We’re almost there. We just need to define FNP; but this is straightforward now with the vocabulary we have. FNP is defined as the class of all problems of the following type.

Input: Let $R$ be a polynomially balanced and polynomial-time computable relation, and $x \in \Sigma^\ast$ be some string.
Output: Find any $y \in \Sigma^\ast$ such that $(x,y) \in R$, otherwise reply No.

There are some comparisons to make with NP, the more famous class of decision problems. FNP and NP both admit polynomial time verification of candidate solutions - we formalise it here via our polynomially balanced/computable relations. On the other hand, FNP explicitly requires us to output a solution. It is not sufficient to simply assert that a solution exists. This latter point is why NP is a class of decision problems, while FNP is a class of search problems.

While FNP is of independent interest, we will skim over this for a first pass.

TFNP : Total FNP

Finally, we can define what TFNP is.

TFNP is the subset of FNP problems which are guaranteed to have a solution. In other words, for an FNP problem of the form we discussed, it will never output No. Formally, we specify that the relation used in the canonical FNP problem is total; this is defined as follows.

A relation $R$ is said to be total if for every $x \in \Sigma^\ast$, there is always a $y \in \Sigma^\ast$ such that $(x,y) \in R$.

This gives us the definition of TFNP as “the class FNP restricted to total relations R”[1]. More precisely, TFNP is the set of all problems of the following type.

Input: Let $R$ be a total, polynomially balanced and polynomial-time computable relation, and $x \in \Sigma^\ast$ be some string.
Output: Find any $y \in \Sigma^\ast$ such that $(x,y) \in R$.

Conclusion

We went through the definition of TFNP via relations and FNP. In summary, a lot of computationally hard problems are in TFNP and this makes it an interesting class to study.
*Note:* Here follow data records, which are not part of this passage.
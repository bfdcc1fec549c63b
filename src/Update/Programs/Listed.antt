-- ===== src/Update/Programs/Listed.antt =====
-- A whole /updateDB as a program: it keeps each number of the remote lists in the local tables, keeps
-- any other out, and brings both about.
use kueued.Prelude.{ap, sym, Bool, Text, ℕ, List, contains, Bool, ◌≡◌, refl, ◌∙◌, arith, eq_sound}
use kueued.Items.{SiebelItem, BomgarItem}
use kueued.Sql.{Env, Mysql}
use kueued.Database.Siebel.{
  insert_siebel_item_into_db, update_siebel_item, update_siebel_queue, delete_siebel_item_from_db,
  get_qmon_siebel_list, siebel_exists_in_db,
}
use kueued.Database.Chat.{delete_bomgar_item_from_db, get_qmon_bomgar_list, bomgar_exists_in_db}
use kueued.Update.Loop.{AllAt-all}
use kueued.Update.Mirror.{ids, contains-siebel_list}
use kueued.Update.Chats.{chat_ids, contains-bomgar_list}
use kueued.Update.Programs.{Prog, done}
use kueued.Update.Programs.Rely.{Safe, Gives}
use kueued.Update.Programs.Mirrors.{mirror-Safe, mirror-Gives}
use kueued.Update.Programs.Lookups.{
  ReadsMain, update_program-SafeMain, update_program-Gives, lookups-Gives_later,
}
use kueued.Update.Programs.Keys.{
  sr_listed, chat_listed, sr_listed_of, chat_listed_of, sr_listed-insert, sr_listed-update,
  sr_listed-requeue, sr_listed-delete, chat_listed-insert, chat_listed-rename, chat_listed-delete,
}
use kueued.Update.Programs.Visits.{
  siebel_visit-Safe, siebel_visit-Gives, siebel_visit-Gives_later, bomgar_visit-Safe,
  bomgar_visit-Gives, bomgar_visit-Gives_later, bomgars-Safe_other, bomgars-Gives_later, unity-Safe,
}
use kueued.Update.Programs.Request.{bomgar_visit, bomgars, siebel_visit, unity, update_program}

module _ {D : Type 0} {S : Type 0 → Type 0} (env : Env D S) (j : Text) (b : Bool) where
  -- QMON_SIEBEL, or QMON_CHAT, names the key if and only if `b`.
  abbrev pub SrListed : Mysql S → Type 0
  SrListed m = sr_listed env j m ≡ b

  abbrev pub ChatListed : Mysql S → Type 0
  ChatListed m = chat_listed env j m ≡ b

  unity-SafeSr :
      (clock : ℕ → Text) (list : List SiebelItem) (rest : Prog (Mysql S))
      → contains j (ids list) ≡ b
      → Safe SrListed rest
      → Safe SrListed (unity env clock list rest)
  unfolding unity
  unity-SafeSr clock list rest named s =
      mirror-Safe (get_qmon_siebel_list env) (delete_siebel_item_from_db env)
        (siebel_visit env clock) (λ item. item.id) j b (sr_listed-delete env j)
        (λ i x next own.
          siebel_visit-Safe env SrListed clock i x next
            (λ now m h. ground (arith, sr_listed-insert env j now x m, own))
            (λ now m h. sr_listed-requeue env j now x m ∙ h)
            (λ m h. sr_listed-update env j x m ∙ h))
        list rest named s

  unity-GivesSr :
      (clock : ℕ → Text) (list : List SiebelItem) (rest : Prog (Mysql S))
      → contains j (ids list) ≡ b
      → Gives SrListed (unity env clock list rest)
  unfolding unity siebel_exists_in_db
  unity-GivesSr clock list rest named =
      mirror-Gives (get_qmon_siebel_list env) (delete_siebel_item_from_db env)
        (siebel_visit env clock) (λ item. item.id) j b (sr_listed-delete env j)
        (siebel_visit-Gives_later env SrListed clock)
        (λ i x next yes_j own.
          siebel_visit-Gives env SrListed clock i x next
            (λ m there. ground (arith, contains-siebel_list env j m, eq_sound x.id j own))
            (λ now m. ground (arith, sr_listed-insert env j now x m)))
        list rest named

  bomgars-SafeChat :
      (list : List BomgarItem) (rest : Prog (Mysql S))
      → contains j (chat_ids list) ≡ b
      → Safe ChatListed rest
      → Safe ChatListed (bomgars env list rest)
  unfolding bomgars
  bomgars-SafeChat list rest named s =
      mirror-Safe (get_qmon_bomgar_list env) (delete_bomgar_item_from_db env) (bomgar_visit env)
        (λ bi. bi.id) j b (chat_listed-delete env j)
        (λ i x next own.
          bomgar_visit-Safe env ChatListed i x next
            (λ m h. ground (arith, chat_listed-insert env j x m, own))
            (λ m h. chat_listed-rename env j x m ∙ h))
        list rest named s

  bomgars-GivesChat :
      (list : List BomgarItem) (rest : Prog (Mysql S))
      → contains j (chat_ids list) ≡ b
      → Gives ChatListed (bomgars env list rest)
  unfolding bomgars bomgar_exists_in_db
  bomgars-GivesChat list rest named =
      mirror-Gives (get_qmon_bomgar_list env) (delete_bomgar_item_from_db env) (bomgar_visit env)
        (λ bi. bi.id) j b (chat_listed-delete env j) (bomgar_visit-Gives_later env ChatListed)
        (λ i x next yes_j own.
          bomgar_visit-Gives env ChatListed i x next
            (λ m there. ground (arith, contains-bomgar_list env j m, eq_sound x.id j own))
            (λ m. ground (arith, chat_listed-insert env j x m)))
        list rest named

  -- The SR part leaves QMON_CHAT.
  unity-SafeChat :
      (clock : ℕ → Text) (list : List SiebelItem) (rest : Prog (Mysql S))
      → Safe ChatListed rest
      → Safe ChatListed (unity env clock list rest)
  unfolding insert_siebel_item_into_db update_siebel_queue update_siebel_item
      delete_siebel_item_from_db
  unity-SafeChat clock list rest s =
      unity-Safe env ChatListed j (λ x. Unit {0})
        (λ now x m own h. chat_listed_of env j _ m refl ∙ h)
        (λ now x m own h. chat_listed_of env j _ m refl ∙ h)
        (λ x m own h. chat_listed_of env j _ m refl ∙ h)
        (λ k m h. chat_listed_of env j _ m refl ∙ h) clock list rest
        (AllAt-all (λ item. item.id) j (λ x. Unit {0}) (λ x. tt) list) s

  SrListed-main : ReadsMain SrListed
  SrListed-main m n same h = sr_listed_of env j n m (sym (ap (λ t. t.0) same)) ∙ h

  ChatListed-main : ReadsMain ChatListed
  ChatListed-main m n same h = chat_listed_of env j n m (sym (ap (λ t. t.2) same)) ∙ h

  module _ (clock : ℕ → Text) (full : Bool) (chats : List BomgarItem) (list : List SiebelItem) where
    pub update_program-SafeSr :
        contains j (ids list) ≡ b → Safe SrListed (update_program env clock full chats list)
    update_program-SafeSr named =
        update_program-SafeMain env SrListed SrListed-main clock full chats list
          (λ rest.
            bomgars-Safe_other env SrListed (λ m rows h. sr_listed_of env j _ m refl ∙ h) chats
              rest)
          (unity-SafeSr clock list done named tt)

    pub update_program-GivesSr :
        contains j (ids list) ≡ b → Gives SrListed (update_program env clock full chats list)
    update_program-GivesSr named = update_program-Gives env SrListed clock full chats list (
        bomgars-Gives_later env SrListed chats _ (
          lookups-Gives_later env SrListed env.remote.open_srs (unity env clock list done)
            (unity-GivesSr clock list done named)))

    pub update_program-SafeChat :
        contains j (chat_ids chats) ≡ b → Safe ChatListed (update_program env clock full chats list)
    update_program-SafeChat named =
        update_program-SafeMain env ChatListed ChatListed-main clock full chats list
          (λ rest. bomgars-SafeChat chats rest named) (unity-SafeChat clock list done tt)

    pub update_program-GivesChat :
        contains j (chat_ids chats) ≡ b
        → Gives ChatListed (update_program env clock full chats list)
    update_program-GivesChat named =
        update_program-Gives env ChatListed clock full chats list (bomgars-GivesChat chats _ named)
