-- ===== src/Update/Programs/Faultless.antt =====
-- While each related request has a title, no /updateDB faults.
use kueued.Prelude.{
  Text, lit, ◌==◌, ℕ, suc, List, [], ◌∷◌, contains, value, Bool, true, false, Option, none, some,
  if◌then◌else◌, ◌≢◌, refl, arith, Option-cases, inl, inr,
}
use kueued.Items.{SiebelItem, BomgarItem}
use kueued.Sql.{Env, Mysql}
use kueued.Database.Siebel.{
  delete_siebel_item_from_db, get_qmon_siebel_list, siebel_exists_in_db, siebel_queue_changed,
}
use kueued.Database.Chat.{
  delete_bomgar_item_from_db, get_qmon_bomgar_list, bomgar_exists_in_db, get_bomgar_queue_by_id,
}
use kueued.Database.Cache.{AreTitled}
use kueued.Database.Lookups.{
  at_0, at_3, get_sr_for_cr_mysql, get_sr_for_cr_report, update_pseudo_queues,
}
use kueued.Update.Mirror.{ids}
use kueued.Update.Chats.{chat_ids}
use kueued.Update.Programs.{Prog, done, write}
use kueued.Update.Programs.Fair.{NoFault}
use kueued.Update.Programs.Request.{
  no_texts, visits, deletions, bomgar_visit, bomgars, siebel_visit, unity, unless_fault, lookup,
  lookups, update_program,
}

module _ {M : Type 0} where
  if_NoFault : (b : Bool) (p q : Prog M) → NoFault p → NoFault q → NoFault (if b then p else q)
  if_NoFault true p q h k = h
  if_NoFault false p q h k = k

  visits-NoFault :
      {Item : Type 0} (visit : ℕ → Item → Prog M → Prog M)
      → ((i : ℕ) (x : Item) (rest : Prog M) → NoFault rest → NoFault (visit i x rest))
      → (i : ℕ) (xs : List Item) (rest : Prog M) → NoFault rest
      → NoFault (visits visit i xs rest)
  unfolding visits
  visits-NoFault visit h i [] rest s = s
  visits-NoFault visit h i (x ∷ xs) rest s =
      h i x (visits visit (suc i) xs rest) (visits-NoFault visit h (suc i) xs rest s)

  deletions-NoFault :
      (del : Text → M → M) (keep ids : List Text) (rest : Prog M)
      → NoFault rest
      → NoFault (deletions del keep ids rest)
  unfolding deletions
  deletions-NoFault del keep [] rest s = s
  deletions-NoFault del keep (id ∷ ids) rest s =
      let later = deletions-NoFault del keep ids rest s in
      if_NoFault (contains id keep) _ _ later (λ m. later)

module _ {D : Type 0} {S : Type 0 → Type 0} (env : Env D S) where
  bomgar_visit-NoFault :
      (i : ℕ) (bi : BomgarItem) (rest : Prog (Mysql S))
      → NoFault rest
      → NoFault (bomgar_visit env i bi rest)
  unfolding bomgar_visit
  bomgar_visit-NoFault i bi rest s m =
      if_NoFault (bomgar_exists_in_db env bi.id m) _ _
        (λ now. if_NoFault (get_bomgar_queue_by_id env bi.id now == bi.name) _ _ s (λ n. s))
        (λ now. s)

  bomgars-NoFault :
      (list : List BomgarItem) (rest : Prog (Mysql S))
      → NoFault rest
      → NoFault (bomgars env list rest)
  unfolding bomgars
  bomgars-NoFault list rest s = visits-NoFault (bomgar_visit env) bomgar_visit-NoFault 0 list _ λ m.
      deletions-NoFault (delete_bomgar_item_from_db env) (chat_ids list)
        (get_qmon_bomgar_list env m) rest s

  siebel_visit-NoFault :
      (clock : ℕ → Text) (i : ℕ) (item : SiebelItem) (rest : Prog (Mysql S))
      → NoFault rest
      → NoFault (siebel_visit env clock i item rest)
  unfolding siebel_visit
  siebel_visit-NoFault clock i item rest s m =
      if_NoFault (siebel_exists_in_db env item.id m) _ _
        (λ now. if_NoFault (siebel_queue_changed env item now) _ _ (λ n o. s) (λ n. s)) (λ now. s)

  unity-NoFault :
      (clock : ℕ → Text) (list : List SiebelItem) (rest : Prog (Mysql S))
      → NoFault rest
      → NoFault (unity env clock list rest)
  unfolding unity
  unity-NoFault clock list rest s =
      visits-NoFault (siebel_visit env clock) (siebel_visit-NoFault clock) 0 list _ λ m.
        deletions-NoFault (delete_siebel_item_from_db env) (ids list) (get_qmon_siebel_list env m)
          rest s

  module _ (titles : AreTitled env) where
    report_answers : (cr : Text) (m : Mysql S) → get_sr_for_cr_report env cr m ≢ none
    unfolding get_sr_for_cr_report at_0 at_3
    report_answers cr m h = elim (Option-cases (env.remote.related_sr cr)) [
      | inl lone ↦ absurd (ground arith)
      | inr (sr, related) ↦ elim (Option-cases (env.remote.sr_title sr)) [
        | inl untitled ↦ titles cr sr related untitled
        | inr (row, titled) ↦ absurd (ground arith)
      ]
    ]

    unless_fault-NoFault :
        (o : Option (List Text × Mysql S)) (rest : Prog (Mysql S))
        → o ≢ none
        → NoFault rest
        → NoFault (unless_fault env o rest)
    unfolding unless_fault
    unless_fault-NoFault none rest h s = absurd (h refl)
    unless_fault-NoFault (some answer) rest h s = s

    lookups-NoFault :
        (rows : List (List Text)) (rest : Prog (Mysql S))
        → NoFault rest
        → NoFault (lookups env rows rest)
    unfolding lookups lookup
    lookups-NoFault [] rest s = s
    lookups-NoFault (row ∷ rows) rest s =
        let later = lookups-NoFault rows rest s in
        if_NoFault (value 16 row == lit "Collaboration")
          (lookup env (value 0 row) (lookups env rows rest)) (lookups env rows rest)
          (λ m.
            if_NoFault (no_texts (get_sr_for_cr_mysql env (value 0 row) m)) _ _
              (λ n. unless_fault-NoFault _ _ (report_answers (value 0 row) n) later) later)
          later

    pub update_program-NoFault :
        (clock : ℕ → Text) (full : Bool) (chats : List BomgarItem) (list : List SiebelItem)
        → NoFault (update_program env clock full chats list)
    unfolding update_program
    update_program-NoFault clock full chats list =
        let parts =
          bomgars-NoFault chats _
            (lookups-NoFault env.remote.open_srs _ (unity-NoFault clock list done tt)) in
        if_NoFault full
          (write (update_pseudo_queues env)
            (bomgars env chats (lookups env env.remote.open_srs (unity env clock list done))))
          (bomgars env chats (lookups env env.remote.open_srs (unity env clock list done)))
          (λ m. parts) parts
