-- ===== src/Update/Programs/Converges.antt =====
-- Any number of requests at once: threads that run /updateDB, beside threads that leave the tables
-- of SRs and chats alone, in any order of turns.
use kueued.Prelude.{Text, ℕ, ◌≤◌, List, contains, Bool, ◌≡◌, sym, ◌∙◌, ◌⊎◌, inl, inr}
use mathlib.Core.Path.{subst}
use kueued.Items.{SiebelItem, BomgarItem}
use kueued.Sql.{Env, Mysql}
use kueued.Database.Siebel.{get_qmon_siebel_list}
use kueued.Database.Chat.{get_qmon_bomgar_list}
use kueued.Update.Mirror.{ids}
use kueued.Update.Chats.{chat_ids}
use kueued.Update.Programs.{Prog, done, fault, atom, Pool, runs}
use kueued.Update.Programs.Rely.{Safe, Gives, runs_finished}
use kueued.Update.Programs.Keys.{sr_listed_of, chat_listed_of}
use kueued.Update.Programs.Listed.{
  SrListed, ChatListed, update_program-SafeSr, update_program-GivesSr, update_program-SafeChat,
  update_program-GivesChat,
}
use kueued.Update.Programs.Request.{update_program}
use kueued.Update.Programs.Fair.{NoFault, Fair, finishes}
use kueued.Update.Programs.Faultless.{update_program-NoFault}
use kueued.Database.Cache.{AreTitled}

module _ {S : Type 0 → Type 0} where
  -- The thread leaves QMON_SIEBEL, CUSTOMER and QMON_CHAT as they are.
  abbrev pub Leaves : Prog (Mysql S) → Type 0
  Leaves done = Unit
  Leaves fault = Unit
  Leaves (atom effect next) =
      (m : Mysql S)
      → ((effect m).siebel ≡ m.siebel)
        × ((effect m).customer ≡ m.customer)
        × ((effect m).chat ≡ m.chat)
        × Leaves (next m)

module _ {D : Type 0} {S : Type 0 → Type 0} (env : Env D S) where
  pub Leaves-SafeSr :
      (j : Text) (b : Bool) (prog : Prog (Mysql S)) → Leaves prog → Safe (SrListed env j b) prog
  Leaves-SafeSr j b done = λ h. tt
  Leaves-SafeSr j b fault = λ h. tt
  Leaves-SafeSr j b (atom effect next) = λ h m.
      let (siebel, customer, chat, rest) = h m in
      ((λ p. sr_listed_of env j (effect m) m siebel ∙ p), Leaves-SafeSr j b (next m) rest)

  Leaves-SafeChat :
      (j : Text) (b : Bool) (prog : Prog (Mysql S)) → Leaves prog → Safe (ChatListed env j b) prog
  Leaves-SafeChat j b done = λ h. tt
  Leaves-SafeChat j b fault = λ h. tt
  Leaves-SafeChat j b (atom effect next) = λ h m.
      let (siebel, customer, chat, rest) = h m in
      ((λ p. chat_listed_of env j (effect m) m chat ∙ p), Leaves-SafeChat j b (next m) rest)

module _ {D : Type 0} {S : Type 0 → Type 0} (env : Env D S) (srs chats : List Text) where
  -- The thread runs /updateDB with lists that name these numbers and these chats.
  pub record Updates (prog : Prog (Mysql S)) : Type 0 where
    pub clock : ℕ → Text
    pub full : Bool
    pub chat_list : List BomgarItem
    pub sr_list : List SiebelItem
    pub is_update : prog ≡ update_program env clock full chat_list sr_list
    pub same_srs : (j : Text) → contains j (ids sr_list) ≡ contains j srs
    pub same_chats : (j : Text) → contains j (chat_ids chat_list) ≡ contains j chats

  -- Or it leaves the tables of SRs and chats alone and does not fault.
  abbrev pub Joins : Prog (Mysql S) → Type 0
  Joins prog = Updates prog ⊎ (Leaves prog × NoFault prog)

  Joins-NoFault : AreTitled env → (prog : Prog (Mysql S)) → Joins prog → NoFault prog
  Joins-NoFault titles prog (inl u) =
      subst NoFault (sym u.is_update)
        (update_program-NoFault env titles u.clock u.full u.chat_list u.sr_list)
  Joins-NoFault titles prog (inr (l, sound)) = sound

  Joins-SafeSr :
      (j : Text) (prog : Prog (Mysql S)) → Joins prog → Safe (SrListed env j (contains j srs)) prog
  Joins-SafeSr j prog (inl u) = subst (Safe (SrListed env j (contains j srs))) (sym u.is_update) (
      update_program-SafeSr env j (contains j srs) u.clock u.full u.chat_list u.sr_list
        (u.same_srs j))
  Joins-SafeSr j prog (inr (l, sound)) = Leaves-SafeSr env j (contains j srs) prog l

  Joins-SafeChat :
      (j : Text) (prog : Prog (Mysql S))
      → Joins prog
      → Safe (ChatListed env j (contains j chats)) prog
  Joins-SafeChat j prog (inl u) =
      subst (Safe (ChatListed env j (contains j chats))) (sym u.is_update) (
        update_program-SafeChat env j (contains j chats) u.clock u.full u.chat_list u.sr_list
          (u.same_chats j))
  Joins-SafeChat j prog (inr (l, sound)) = Leaves-SafeChat env j (contains j chats) prog l

  -- Once one thread's /updateDB has ended, and however the turns fell, QMON_SIEBEL and QMON_CHAT name
  -- what the remote lists name.
  pub Updates-mirror :
      (schedule : ℕ → ℕ) (t k : ℕ) (p : Pool (Mysql S))
      → ((i : ℕ) → Joins (p.threads i))
      → Updates (p.threads k)
      → (runs schedule t p).threads k ≡ done
      → ((j : Text)
          → contains j (get_qmon_siebel_list env (runs schedule t p).shared) ≡ contains j srs)
        × ((j : Text)
            → contains j (get_qmon_bomgar_list env (runs schedule t p).shared) ≡ contains j chats)
  Updates-mirror schedule t k p joins u ended = (
    λ j.
        runs_finished (SrListed env j (contains j srs)) schedule t k p
          (λ i. Joins-SafeSr j (p.threads i) (joins i))
          (subst (Gives (SrListed env j (contains j srs))) (sym u.is_update) (
            update_program-GivesSr env j (contains j srs) u.clock u.full u.chat_list u.sr_list
              (u.same_srs j)))
          ended,
    λ j.
        runs_finished (ChatListed env j (contains j chats)) schedule t k p
          (λ i. Joins-SafeChat j (p.threads i) (joins i))
          (subst (Gives (ChatListed env j (contains j chats))) (sym u.is_update) (
            update_program-GivesChat env j (contains j chats) u.clock u.full u.chat_list u.sr_list
              (u.same_chats j)))
          ended,
  )

  -- Threads of any number run at once, each an /updateDB whose lists name the same SRs and chats, or
  -- a request that leaves those tables alone and does not fault. If each related request has a title
  -- and the thread `k` runs /updateDB and gets its turn again and again, then from some time on it has
  -- ended, and QMON_SIEBEL and QMON_CHAT name exactly what the lists name, also while the others go on.
  pub all_converge :
      (schedule : ℕ → ℕ) (k : ℕ) (p : Pool (Mysql S))
      → AreTitled env
      → ((i : ℕ) → Joins (p.threads i))
      → Updates (p.threads k)
      → Fair schedule k
      → (t : ℕ) × ((s : ℕ)
          → t ≤ s
          → ((runs schedule s p).threads k ≡ done)
            × ((j : Text)
                → contains j (get_qmon_siebel_list env (runs schedule s p).shared) ≡ contains j srs)
            × ((j : Text)
                → contains j (get_qmon_bomgar_list env (runs schedule s p).shared)
                  ≡ contains j chats))
  all_converge schedule k p titles joins u fair =
      let (t, ended) =
        finishes schedule k p (λ i. Joins-NoFault titles (p.threads i) (joins i)) fair in
      (
        t,
        λ s h.
            let (names_srs, names_chats) = Updates-mirror schedule s k p joins u (ended s h) in
            (ended s h, names_srs, names_chats),
      )
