-- ===== src/Update/Programs/Rows.antt =====
-- A condition on the row of one SR number, if there is one, under each atom of an /updateDB.
use kueued.Prelude.{
  arith, Text, ◌==◌, Bool, true, false, Option, none, some, if◌then◌else◌, ◌≡◌, refl, sym,
}
use mathlib.Core.Path.{subst}
use mathlib.Core.Option
use kueued.Items.{SiebelItem}
use kueued.Sql.{Env, Mysql, kept}
use kueued.Sql.Rows.{SrRow}
use kueued.Database.Siebel.{
  insert_siebel_item_into_db, update_siebel_item, update_siebel_queue, delete_siebel_item_from_db,
  inserted_row, refreshed_row, requeued_row,
}
use kueued.Update.Rows.{entry, key-inserted, key-refreshed, key-requeued}

module _ {Row : Type 0} (Q : Row → Type 0) where
  -- What is there has the property.
  abbrev pub Each : Option Row → Type 0
  Each none = Unit
  Each (some r) = Q r

  pub Each-kept :
      (b : Bool) (o : Option Row) (new : Row)
      → (b ≡ true → Q new)
      → Each o
      → Each (if b then some (kept o new) else o)
  Each-kept true none new h q = h refl
  Each-kept true (some r) new h q = q
  Each-kept false o new h q = q

  pub Each-map :
      (b : Bool) (f : Row → Row) (o : Option Row)
      → (b ≡ true → (r : Row) → Q r → Q (f r))
      → Each o
      → Each (if b then Option.map f o else o)
  Each-map true f none h q = q
  Each-map true f (some r) h q = h refl r q
  Each-map false f o h q = q

  Each-made : (f : Row → Row) (o : Option Row) → ((r : Row) → Q (f r)) → Each (Option.map f o)
  Each-made f none h = tt
  Each-made f (some r) h = h r

  pub Each-gone : (b : Bool) (o : Option Row) → Each o → Each (if b then none else o)
  Each-gone true o q = tt
  Each-gone false o q = q

  pub Each-some : (o : Option Row) (r : Row) → Each o → o ≡ some r → Q r
  Each-some none r q e = absurd (cc)
  Each-some (some old) r q e = let same : old ≡ r = ground (arith, e) in subst Q same q

  pub Each-all : (o : Option Row) → ((r : Row) → o ≡ some r → Q r) → Each o
  Each-all none h = tt
  Each-all (some r) h = h r refl

module _ (Q : SrRow → Type 0) where
  module _ {D : Type 0} {S : Type 0 → Type 0} (env : Env D S) (j : Text) where
    -- The row of the number `j` has the property, if there is one.
    abbrev pub RowHas : Mysql S → Type 0
    RowHas m = Each Q (entry env m j).0

    pub RowHas-insert :
        (now : Text) (x : SiebelItem) (m : Mysql S)
        → ((x.id == j) ≡ true → Q (inserted_row env now x))
        → RowHas m
        → RowHas (insert_siebel_item_into_db env now x m)
    unfolding insert_siebel_item_into_db
    RowHas-insert now x m h q =
        rw
          (
            env.tables.siebel.select-insert (inserted_row env now x) j m.siebel,
            key-inserted env now x,
          )
          (Each-kept Q (x.id == j) (entry env m j).0 (inserted_row env now x) h q)

    pub RowHas-refresh :
        (x : SiebelItem) (m : Mysql S)
        → ((x.id == j) ≡ true → (r : SrRow) → Q r → Q (refreshed_row env x r))
        → RowHas m
        → RowHas (update_siebel_item env x m)
    unfolding update_siebel_item
    RowHas-refresh x m h q =
        rw
          (env.tables.siebel.select-update x.id (refreshed_row env x) j m.siebel
            (key-refreshed env x))
          (Each-map Q (x.id == j) (refreshed_row env x) (entry env m j).0 h q)

    pub RowHas-refreshed :
        (x : SiebelItem) (m : Mysql S)
        → (x.id == j) ≡ true
        → ((r : SrRow) → Q (refreshed_row env x r))
        → RowHas (update_siebel_item env x m)
    unfolding update_siebel_item
    RowHas-refreshed x m own h =
        rw
          (
            env.tables.siebel.select-update x.id (refreshed_row env x) j m.siebel
                (key-refreshed env x),
            own,
          )
          (Each-made Q (refreshed_row env x) (entry env m j).0 h)

    pub RowHas-requeue :
        (now : Text) (x : SiebelItem) (m : Mysql S)
        → ((x.id == j) ≡ true → (r : SrRow) → Q r → Q (requeued_row env now x r))
        → RowHas m
        → RowHas (update_siebel_queue env now x m)
    unfolding update_siebel_queue
    RowHas-requeue now x m h q =
        rw
          (env.tables.siebel.select-update x.id (requeued_row env now x) j m.siebel
            (key-requeued env now x))
          (Each-map Q (x.id == j) (requeued_row env now x) (entry env m j).0 h q)

    pub RowHas-requeued :
        (now : Text) (x : SiebelItem) (m : Mysql S)
        → (x.id == j) ≡ true
        → ((r : SrRow) → Q (requeued_row env now x r))
        → RowHas (update_siebel_queue env now x m)
    unfolding update_siebel_queue
    RowHas-requeued now x m own h =
        rw
          (
            env.tables.siebel.select-update x.id (requeued_row env now x) j m.siebel
                (key-requeued env now x),
            own,
          )
          (Each-made Q (requeued_row env now x) (entry env m j).0 h)

    pub RowHas-delete :
        (k : Text) (m : Mysql S) → RowHas m → RowHas (delete_siebel_item_from_db env k m)
    unfolding delete_siebel_item_from_db
    RowHas-delete k m q =
        rw (env.tables.siebel.select-delete k j m.siebel) (Each-gone Q (k == j) (entry env m j).0 q)

    pub RowHas-siebel : (a b : Mysql S) → a.siebel ≡ b.siebel → RowHas b → RowHas a
    RowHas-siebel a b same q = subst (λ s. Each Q (env.tables.siebel.select j s)) (sym same) q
Interesting exercise, and since I haven’t seen relations and their ilk since my Masters’, it’s good to revise things once in a while.

Otherwise, this sets up the stage nicely for the hardness of TFNP problems, which will be the subject of a future post.

[EDIT, 1 May 2026] Just to write things out explicitly

By efficient, we usually mean that it takes a polynomial time in the representation size of the input $x$. For example, $R_{un}$ is considered inefficient since it takes time exponential in $|x|$ to verify.
We defer the problem of membership in TFNP for another day. This is tricky since TFNP is a semantic class defined by the formal properties of its problems, and not those of its solutions. Compare this for example, to NP: For each problem in NP, a candidate solution is verifiable in polytime. On the other hand, each problem in TFNP is guaranteed to have a solution. See the difference?

References

Megiddo, Nimrod, and Christos H. Papadimitriou. “A note on total functions, existence theorems, and computational complexity.” Tech. report, IBM, Tech. Rep. (1989).
Papadimitriou, Christos H. “On the complexity of the parity argument and other inefficient proofs of existence.” Journal of Computer and system Sciences 48.3 (1994): 498-532.
Chen, Xi, Xiaotie Deng, and Shang-Hua Teng. “Settling the complexity of computing two-player Nash equilibria.” Journal of the ACM (JACM) 56.3 (2009): 1-57.
Fabrikant, Alex, Christos Papadimitriou, and Kunal Talwar. “The complexity of pure Nash equilibria.” Proceedings of the thirty-sixth annual ACM symposium on Theory of computing. 2004.
Fearnley, John, et al. “The complexity of gradient descent: CLS= PPAD∩ PLS.” Journal of the ACM 70.1 (2022): 1-74.